— Problem requirements —
For each line below, return an exact copy.

Stored items:
☆ ☆ ☆ ☆ ☆ ☆ ☆
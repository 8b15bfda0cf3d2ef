-- ===== src/Session/Saved.antt =====
-- An event that is saved is in the backup file (cwmp_save_event_container of event.c, backupSession.c).
use icwmp.Prelude.{
  map, append_assoc, append-nil, All, sym, subst, ◌≢◌, if_elim, ==_iff, ℕ, zero, suc, true, Option,
  none, some, List, [], ◌∷◌, ◌++◌, ◌≡◌, refl, ◌∙◌, ap, length, get_elem?, modify, ◌==◌,
  if◌then◌else◌,
}
use icwmp.Event.{EventContainer, survives_reboot}
use icwmp.Event.Params.{DmParameter}
use icwmp.Session.{Cwmp}
use icwmp.Session.Backup.{
  BkpStatus, BkpEvent, queue, same_status, bkp_with_id, bkp_session_node_found,
  bkp_session_insert_event, bkp_session_insert_parameter,
}
use icwmp.Session.Queue.{cwmp_save_event_container, insert_parameters, bkp_session_save}
use mathlib.Core.Option

-- A node with this id stands at this place of the tree.
abbrev pub Stored : List BkpEvent → ℕ → ℕ → Type 0
Stored t p id = (b : BkpEvent) × (get_elem? t p ≡ some b) × (b.id ≡ id)

-- What a search for an id gives.
abbrev Found : List BkpEvent → ℕ → Option ℕ → Type 0
Found t id none = Unit {0}
Found t id (some p) = Stored t p id

Found-later :
    (b : BkpEvent) (t : List BkpEvent) (id : ℕ) (o : Option ℕ)
    → Found t id o
    → Found (b ∷ t) id (Option.map suc o)
Found-later b t id none h = tt
Found-later b t id (some p) h = h

bkp_with_id-Found : (t : List BkpEvent) (id : ℕ) → Found t id (bkp_with_id t id)
unfolding bkp_with_id
bkp_with_id-Found [] id = tt
bkp_with_id-Found (b ∷ t) id =
    let rest = Found-later b t id (bkp_with_id t id) (bkp_with_id-Found t id) in
    if_elim (Found (b ∷ t) id) (b.id == id) (some 0) (Option.map suc (bkp_with_id t id))
      (λ e. (b, refl, (==_iff b.id id).0 e)) (λ _. rest)

bkp_session_node-Found :
    (t : List BkpEvent) (st : BkpStatus) (id : ℕ) → Found t id (bkp_session_node_found t st id)
unfolding bkp_session_node_found
bkp_session_node-Found [] st id = tt
bkp_session_node-Found (b ∷ t) st id =
    let rest =
      Found-later b t id (bkp_session_node_found t st id) (bkp_session_node-Found t st id) in
    if_elim (Found (b ∷ t) id) (same_status b.status st) (bkp_with_id (b ∷ t) id)
      (Option.map suc (bkp_session_node_found t st id)) (λ _. bkp_with_id-Found (b ∷ t) id)
      (λ _. rest)

get_elem?-All :
    (P : BkpEvent → Type 0) (t : List BkpEvent) (p : ℕ) (b : BkpEvent)
    → All P t
    → get_elem? t p ≡ some b
    → P b
get_elem?-All P [] p b h e = cc
get_elem?-All P (a ∷ t) zero b (h, hs) e = subst P (some_inj e) h
  where
    some_inj : {x y : BkpEvent} → some x ≡ some y → x ≡ y
    some_inj e = ap (λ o. elim o [ some z ↦ z | none ↦ a ]) e
get_elem?-All P (a ∷ t) (suc p) b (h, hs) e = get_elem?-All P t p b hs e

-- Where no node has the id, the search finds none.
node_found-new :
    (t : List BkpEvent) (st : BkpStatus) (id : ℕ)
    → All (λ b. b.id ≢ id) t
    → bkp_session_node_found t st id ≡ none
node_found-new t st id h =
    by_result (bkp_session_node_found t st id) (bkp_session_node-Found t st id)
  where
    by_result : (o : Option ℕ) → Found t id o → o ≡ none
    by_result none f = refl
    by_result (some p) (b, at, i) = absurd (get_elem?-All (λ b. b.id ≢ id) t p b h at i)

-- The node of an event that waits.
abbrev pub node_of : EventContainer → BkpEvent
node_of e = record {
  status = queue;
  index = e.code;
  id = e.id;
  command_key = e.command_key;
  parameter = map {A = DmParameter} (λ q. q.name) e.head_dm_parameter;
}

modify-last :
    (t : List BkpEvent) (b : BkpEvent) (f : BkpEvent → BkpEvent)
    → modify (t ++ b ∷ []) (length t) f ≡ t ++ f b ∷ []
modify-last [] b f = refl
modify-last (a ∷ t) b f = ap (λ r. a ∷ r) (modify-last t b f)

insert_parameters-last :
    (ps : List DmParameter) (t : List BkpEvent) (b : BkpEvent)
    → insert_parameters (t ++ b ∷ []) (length t) ps
      ≡ t ++ record b { parameter = b.parameter ++ map {A = DmParameter} (λ q. q.name) ps } ∷ []
unfolding insert_parameters bkp_session_insert_parameter
insert_parameters-last [] t b =
    ap (λ ns. t ++ record b { parameter = ns } ∷ []) (sym (append-nil b.parameter))
insert_parameters-last (q ∷ ps) t b =
    let b' : BkpEvent = record b { parameter = b.parameter ++ q.name ∷ [] } in
    ap (λ u. insert_parameters u (length t) ps)
      (modify-last t b (λ b. record b { parameter = b.parameter ++ q.name ∷ [] }))
    ∙ insert_parameters-last ps t b'
    ∙ ap (λ ns. t ++ record b { parameter = ns } ∷ [])
        (append_assoc b.parameter (q.name ∷ []) (map {A = DmParameter} (λ q. q.name) ps))

insert_event-new :
    (t : List BkpEvent) (e : EventContainer)
    → All (λ b. b.id ≢ e.id) t
    → bkp_session_insert_event t e.code e.command_key e.id queue
      ≡ (t ++ record (node_of e) { parameter = [] } ∷ [], length t)
unfolding bkp_session_insert_event
insert_event-new t e new = rw (node_found-new t queue e.id new, bkp_session_insert_event) refl

-- Once cwmp_save_event_container has run on an event of a code that is tried again after a reboot,
-- where no node of the backup tree has the identifier of the event, the tree and the file are the
-- tree from before with one node at the end: it waits, and has the code, the identifier and the key
-- of the event and the names of its parameters in their order.
pub save_event-node :
    (c : Cwmp) (e : EventContainer)
    → survives_reboot e.code ≡ true
    → All (λ b. b.id ≢ e.id) c.bkp_tree
    → let d = cwmp_save_event_container c e in
      (d.bkp_tree ≡ c.bkp_tree ++ node_of e ∷ []) × (d.bkp_file ≡ c.bkp_tree ++ node_of e ∷ [])
unfolding cwmp_save_event_container bkp_session_save
save_event-node c e h new =
    let b : BkpEvent = record (node_of e) { parameter = [] } in
    let saved =
      ap (λ (r : List BkpEvent × ℕ). insert_parameters r.0 r.1 e.head_dm_parameter)
        (insert_event-new c.bkp_tree e new)
      ∙ insert_parameters-last e.head_dm_parameter c.bkp_tree b in
    rw (h, if◌then◌else◌) (saved, saved)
☆ ☆ ☆ ☆ ☆ ☆ ☆
— Answer section —
repository 8b15bfda0cf3d2ef
-- ===== src/Session/Saved.antt =====
-- An event that is saved is in the backup file (cwmp_save_event_container of event.c, backupSession.c).
use icwmp.Prelude.{
  map, append_assoc, append-nil, All, sym, subst, ◌≢◌, if_elim, ==_iff, ℕ, zero, suc, true, Option,
  none, some, List, [], ◌∷◌, ◌++◌, ◌≡◌, refl, ◌∙◌, ap, length, get_elem?, modify, ◌==◌,
  if◌then◌else◌,
}
use icwmp.Event.{EventContainer, survives_reboot}
use icwmp.Event.Params.{DmParameter}
use icwmp.Session.{Cwmp}
use icwmp.Session.Backup.{
  BkpStatus, BkpEvent, queue, same_status, bkp_with_id, bkp_session_node_found,
  bkp_session_insert_event, bkp_session_insert_parameter,
}
use icwmp.Session.Queue.{cwmp_save_event_container, insert_parameters, bkp_session_save}
use mathlib.Core.Option

-- A node with this id stands at this place of the tree.
abbrev pub Stored : List BkpEvent → ℕ → ℕ → Type 0
Stored t p id = (b : BkpEvent) × (get_elem? t p ≡ some b) × (b.id ≡ id)

-- What a search for an id gives.
abbrev Found : List BkpEvent → ℕ → Option ℕ → Type 0
Found t id none = Unit {0}
Found t id (some p) = Stored t p id

Found-later :
    (b : BkpEvent) (t : List BkpEvent) (id : ℕ) (o : Option ℕ)
    → Found t id o
    → Found (b ∷ t) id (Option.map suc o)
Found-later b t id none h = tt
Found-later b t id (some p) h = h

bkp_with_id-Found : (t : List BkpEvent) (id : ℕ) → Found t id (bkp_with_id t id)
unfolding bkp_with_id
bkp_with_id-Found [] id = tt
bkp_with_id-Found (b ∷ t) id =
    let rest = Found-later b t id (bkp_with_id t id) (bkp_with_id-Found t id) in
    if_elim (Found (b ∷ t) id) (b.id == id) (some 0) (Option.map suc (bkp_with_id t id))
      (λ e. (b, refl, (==_iff b.id id).0 e)) (λ _. rest)

bkp_session_node-Found :
    (t : List BkpEvent) (st : BkpStatus) (id : ℕ) → Found t id (bkp_session_node_found t st id)
unfolding bkp_session_node_found
bkp_session_node-Found [] st id = tt
bkp_session_node-Found (b ∷ t) st id =
    let rest =
      Found-later b t id (bkp_session_node_found t st id) (bkp_session_node-Found t st id) in
    if_elim (Found (b ∷ t) id) (same_status b.status st) (bkp_with_id (b ∷ t) id)
      (Option.map suc (bkp_session_node_found t st id)) (λ _. bkp_with_id-Found (b ∷ t) id)
      (λ _. rest)

get_elem?-All :
    (P : BkpEvent → Type 0) (t : List BkpEvent) (p : ℕ) (b : BkpEvent)
    → All P t
    → get_elem? t p ≡ some b
    → P b
get_elem?-All P [] p b h e = cc
get_elem?-All P (a ∷ t) zero b (h, hs) e = subst P (some_inj e) h
  where
    some_inj : {x y : BkpEvent} → some x ≡ some y → x ≡ y
    some_inj e = ap (λ o. elim o [ some z ↦ z | none ↦ a ]) e
get_elem?-All P (a ∷ t) (suc p) b (h, hs) e = get_elem?-All P t p b hs e

-- Where no node has the id, the search finds none.
node_found-new :
    (t : List BkpEvent) (st : BkpStatus) (id : ℕ)
    → All (λ b. b.id ≢ id) t
    → bkp_session_node_found t st id ≡ none
node_found-new t st id h =
    by_result (bkp_session_node_found t st id) (bkp_session_node-Found t st id)
  where
    by_result : (o : Option ℕ) → Found t id o → o ≡ none
    by_result none f = refl
    by_result (some p) (b, at, i) = absurd (get_elem?-All (λ b. b.id ≢ id) t p b h at i)

-- The node of an event that waits.
abbrev pub node_of : EventContainer → BkpEvent
node_of e = record {
  status = queue;
  index = e.code;
  id = e.id;
  command_key = e.command_key;
  parameter = map {A = DmParameter} (λ q. q.name) e.head_dm_parameter;
}

modify-last :
    (t : List BkpEvent) (b : BkpEvent) (f : BkpEvent → BkpEvent)
    → modify (t ++ b ∷ []) (length t) f ≡ t ++ f b ∷ []
modify-last [] b f = refl
modify-last (a ∷ t) b f = ap (λ r. a ∷ r) (modify-last t b f)

insert_parameters-last :
    (ps : List DmParameter) (t : List BkpEvent) (b : BkpEvent)
    → insert_parameters (t ++ b ∷ []) (length t) ps
      ≡ t ++ record b { parameter = b.parameter ++ map {A = DmParameter} (λ q. q.name) ps } ∷ []
unfolding insert_parameters bkp_session_insert_parameter
insert_parameters-last [] t b =
    ap (λ ns. t ++ record b { parameter = ns } ∷ []) (sym (append-nil b.parameter))
insert_parameters-last (q ∷ ps) t b =
    let b' : BkpEvent = record b { parameter = b.parameter ++ q.name ∷ [] } in
    ap (λ u. insert_parameters u (length t) ps)
      (modify-last t b (λ b. record b { parameter = b.parameter ++ q.name ∷ [] }))
    ∙ insert_parameters-last ps t b'
    ∙ ap (λ ns. t ++ record b { parameter = ns } ∷ [])
        (append_assoc b.parameter (q.name ∷ []) (map {A = DmParameter} (λ q. q.name) ps))

insert_event-new :
    (t : List BkpEvent) (e : EventContainer)
    → All (λ b. b.id ≢ e.id) t
    → bkp_session_insert_event t e.code e.command_key e.id queue
      ≡ (t ++ record (node_of e) { parameter = [] } ∷ [], length t)
unfolding bkp_session_insert_event
insert_event-new t e new = rw (node_found-new t queue e.id new, bkp_session_insert_event) refl

-- Once cwmp_save_event_container has run on an event of a code that is tried again after a reboot,
-- where no node of the backup tree has the identifier of the event, the tree and the file are the
-- tree from before with one node at the end: it waits, and has the code, the identifier and the key
-- of the event and the names of its parameters in their order.
pub save_event-node :
    (c : Cwmp) (e : EventContainer)
    → survives_reboot e.code ≡ true
    → All (λ b. b.id ≢ e.id) c.bkp_tree
    → let d = cwmp_save_event_container c e in
      (d.bkp_tree ≡ c.bkp_tree ++ node_of e ∷ []) × (d.bkp_file ≡ c.bkp_tree ++ node_of e ∷ [])
unfolding cwmp_save_event_container bkp_session_save
save_event-node c e h new =
    let b : BkpEvent = record (node_of e) { parameter = [] } in
    let saved =
      ap (λ (r : List BkpEvent × ℕ). insert_parameters r.0 r.1 e.head_dm_parameter)
        (insert_event-new c.bkp_tree e new)
      ∙ insert_parameters-last e.head_dm_parameter c.bkp_tree b in
    rw (h, if◌then◌else◌) (saved, saved)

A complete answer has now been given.